Grapevines were already being cultivated more than 2000 years ago in this climatically favoured region south of Vienna. Roman legionnaires stationed in Carnuntum and Vindobona introduced vines from their homeland and brought the technical expertise of wine production to Pannonia. The name Thermenregion refers to the sulphurous hot springs of Aquae (Baden). In the Middle Ages, viticulture experienced a veritable heyday here under the guidance of the Cistercian monks. The arrangement of the vineyards clearly shows the influence of their Burgundian mother-monastery Citeaux, as does the character of the villages themselves.

Cistercian winegrowing experts immediately recognised the value of this extraordinary terroir. The vines benefit here from the Pannonian climate with hot summers and dry autumns as well as the1800 annual hours of sunshine. Constant air currents enable the grapes to dry quickly after dew or rainfall in autumn.

Loamy soils of finely grained deposits predominate. A high coarse fraction is common, stemming from solidified or loose gravel and sands with high limestone content and substantial remains of shells, snails and other marine life. Rubble-laden hillside deposits help in matters of drainage and warming.
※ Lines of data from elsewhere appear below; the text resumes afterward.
-- ===== src/Calculator/Evaluate.antt =====
-- `_safe_eval` of src/kayak/cli/calculator.py over the tree that `ast.parse` gives. Python's numbers
-- are a parameter: a value `V` is what an `int`, a `float` or a `complex` is.
use kayak_python.Base.{String, Bool, not, Option, none, some, List, [], ◌∷◌, str_eq, if◌then◌else◌}
use kayak_python.Base.Int.{ℤ}
use kayak_python.Base.Dict.{Dict, get}
use kayak_python.Base.Attempt.{Attempt, ok, raised, ◌>>=◌, ◌>>◌, refuse_if}

pub data BinaryOperator : Type 0 where
  add sub mult div pow : BinaryOperator
  other_operator : String → BinaryOperator

pub data UnaryOperator : Type 0 where
  uadd usub : UnaryOperator
  other_unary : String → UnaryOperator

-- An expression: a constant is a number (a Boolean is an `int`) or not, a call has its function, its
-- arguments and the values of its keyword arguments, and `other` is every other kind of node.
mutual
  pub data Node (V : Type 0) : Type 0 where
    number : V → Node V
    constant : String → Node V
    name : String → Node V
    binary : BinaryOperator → Node V → Node V → Node V
    unary : UnaryOperator → Node V → Node V
    call : Node V → Nodes V → Nodes V → Node V
    other : String → Node V

  pub data Nodes (V : Type 0) : Type 0 where
    end : Nodes V
    node : Node V → Nodes V → Nodes V

-- The messages of the `ValueError`s that the function raises.
pub data Problem : Type 0 where
  undefined_name : String → Problem
  unsupported_operator : String → Problem
  unsupported_unary : String → Problem
  exponent_out_of_bounds : Problem
  unsupported_call : Problem
  unsupported_function : String → Problem
  unsupported_expression : Problem

-- The exceptions of Python's numbers: `ValueError`, `TypeError`, `ZeroDivisionError` and
-- `OverflowError`.
pub data NumberError : Type 0 where
  bad_number type_error zero_division overflow : NumberError

pub data Exception : Type 0 where
  problem : Problem → Exception
  number_error : NumberError → Exception
  syntax_error : Exception

abbrev pub Result : Type 0 → Type 0
Result A = Attempt Exception A

-- What the code asks of Python's numbers: the functions of the module `operator`, `float(x)`,
-- `int(x)`, `-32.0 <= x <= 32.0`, `x > y`, `x < y` and `round(x)` with and without digits.
pub record Numbers (V : Type 0) : Type 0 where
  pub operate : BinaryOperator → V → V → Attempt NumberError V
  pub positive : V → Attempt NumberError V
  pub negative : V → Attempt NumberError V
  pub to_float : V → Attempt NumberError V
  pub to_int : V → Attempt NumberError ℤ
  pub within_32 : V → Attempt NumberError Bool
  pub greater : V → V → Attempt NumberError Bool
  pub less : V → V → Attempt NumberError Bool
  pub round : V → Attempt NumberError V
  pub round_to : V → ℤ → Attempt NumberError V

abbrev pub of_numbers : {A : Type 0} → Attempt NumberError A → Result A
of_numbers (raised e) = raised (number_error e)
of_numbers (ok a) = ok a

module _ {V : Type 0} (n : Numbers V) where
  -- `_safe_round`
  abbrev pub safe_round : V → Option V → Attempt NumberError V
  safe_round x none = n.round x
  safe_round x (some digits) = n.to_int digits >>= n.round_to x

  abbrev keep : V → V → Bool → Attempt NumberError V
  keep best x better = ok (if better then x else best)

  -- `max` and `min` of the values, by the test that puts a value in the place of the best so far.
  abbrev pub best_of : (V → V → Attempt NumberError Bool) → V → List V → Attempt NumberError V
  best_of better best [] = ok best
  best_of better best (x ∷ xs) = better x best >>= keep best x >>= λ b. best_of better b xs

  -- A call with one argument that is a number, or with none, is a `TypeError`.
  abbrev pub extreme : (V → V → Attempt NumberError Bool) → List V → Attempt NumberError V
  extreme better (x ∷ y ∷ xs) = best_of better x (y ∷ xs)
  extreme better _ = raised type_error

  abbrev pub rounded : List V → Attempt NumberError V
  rounded (x ∷ []) = safe_round x none
  rounded (x ∷ y ∷ []) = safe_round x (some y)
  rounded _ = raised type_error

  -- `_SAFE_FUNCS.get(name)`
  unfoldable pub safe_func : String → Option (List V → Attempt NumberError V)
  safe_func f =
      if str_eq f "max"
      then some (extreme n.greater)
      else if str_eq f "min"
      then some (extreme n.less)
      else if str_eq f "round"
      then some rounded
      else none

  -- `_BINOPS` and the bound on an exponent.
  abbrev pub check_exponent : BinaryOperator → V → Result (Unit {0})
  check_exponent pow right = of_numbers (n.within_32 right) >>= λ inside.
      refuse_if (not inside) (problem exponent_out_of_bounds)
  check_exponent _ right = ok tt

  abbrev pub look_up : Option V → String → Result V
  look_up none x = raised (problem (undefined_name x))
  look_up (some v) x = of_numbers (n.to_float v)

  abbrev pub apply_func :
      Option (List V → Attempt NumberError V) → String → Result (List V) → Result V
  apply_func none f args = raised (problem (unsupported_function f))
  apply_func (some fn) f args = args >>= λ vs. of_numbers (fn vs)

  abbrev pub apply_unary : UnaryOperator → Result V → Result V
  apply_unary uadd x = x >>= λ v. of_numbers (n.positive v)
  apply_unary usub x = x >>= λ v. of_numbers (n.negative v)
  apply_unary (other_unary o) x = raised (problem (unsupported_unary o))

  abbrev pub known_binary : BinaryOperator → Result V → Result V → Result V
  known_binary op x y =
      x >>= λ left. y >>= λ right. check_exponent op right >> of_numbers (n.operate op left right)

  abbrev pub apply_binary : BinaryOperator → Result V → Result V → Result V
  apply_binary (other_operator o) x y = raised (problem (unsupported_operator o))
  apply_binary op x y = known_binary op x y

  module _ (values : Dict V) where
    -- `_eval`; the arguments are evaluated from the left, and keyword arguments are passed over.
    unfoldable mutual
      unfolding safe_func get

      pub eval : Node V → Result V
      eval (number v) = of_numbers (n.to_float v)
      eval (constant s) = raised (problem unsupported_expression)
      eval (name x) = look_up (get x values) x
      eval (binary op x y) = apply_binary op (eval x) (eval y)
      eval (unary op x) = apply_unary op (eval x)
      eval (call (name f) args keywords) = apply_func (safe_func f) f (eval_all args)
      eval (call _ args keywords) = raised (problem unsupported_call)
      eval (other s) = raised (problem unsupported_expression)

      pub eval_all : Nodes V → Result (List V)
      eval_all end = ok []
      eval_all (node x xs) = eval x >>= λ v. eval_all xs >>= λ vs. ok (v ∷ vs)

    -- `_safe_eval`, on the tree or the `SyntaxError` that `ast.parse` comes to.
    unfoldable pub safe_eval : Result (Node V) → Result V
    unfolding eval
    safe_eval tree = tree >>= eval >>= λ v. of_numbers (n.to_float v)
In the Steinfeld, barren gravel soils provide excellent conditions for growing red wines.

Householder’s rights go to the regionally typical – otherwise seldom encountered – white grape varieties Zierfandler (Spätrot) and Rotgipfler, often monovarietal wines, but also very happily married as a cuvée, the legendary Spätrot-Rotgipfler. Traditional varieties also include the Blauer Portugieser (formerly called Vöslauer) or Neuburger, as well as modern wines from the Pinot family, Sankt Laurent, and Zweigelt, but also Merlot and Cabernet Sauvignon.

Centres of red wine production are Bad Vöslau, Sooss, Tattendorf and Teesdorf, while classic white wines are vinified in Perchtoldsdorf, Gumpoldskirchen, Pfaffstätten, Baden, Guntramsdorf and Traiskirchen.

Nature and culture collaborate to enable a varied and rich leisure and recreation program: from a visit to Freigut Thallern – belonging to the Cistercian Abbey Heiligenkreuz, one of the oldest wine estates in Austria – to the cultural centre and spa-town Baden with theatre, operetta and wellness. Excursions along the wine trail invite visitors to the region’s many cosy wine taverns or hikes through the vineyards along the Vienna Spring Water Main.

GEOLOGY

The winegrowing region Thermenregion extends on the eastern edge of the Limestone Alps to the Vienna Basin. However, only a small part of the vineyards lies directly on solid limestone and dolomite rock or on the sandstones and conglomerates of the Gosau Group. Most of the vines are planted upon deposits from the primordial sea and Lake Pannon in the Vienna Basin or on alluvial gravel from the glacial periods in the Steinfeld plain.

At the edge of the basin one finds mostly sand, gravel, sandstones, conglomerates and breccias, which are composed of rock material from the Limestone Alps and flysch, brought here by rivers from the nascent Alpine Range. They house famous sites of fossils, such as the Gainfarner sands. There, along with shells, snails and corals, an entire manatee skeleton some 14 million years old was found. Toward the basin, vineyards often stand on fine-grained clays, marls, debris or colluvium, upon which loamy soils, quite often with high limestone content develop.

In the far southeast, some vineyards on the other side of the Vienna Basin grow on crystalline slates and carbonates of the Eastern Alpine unit, which rises here in the Rosalia Range.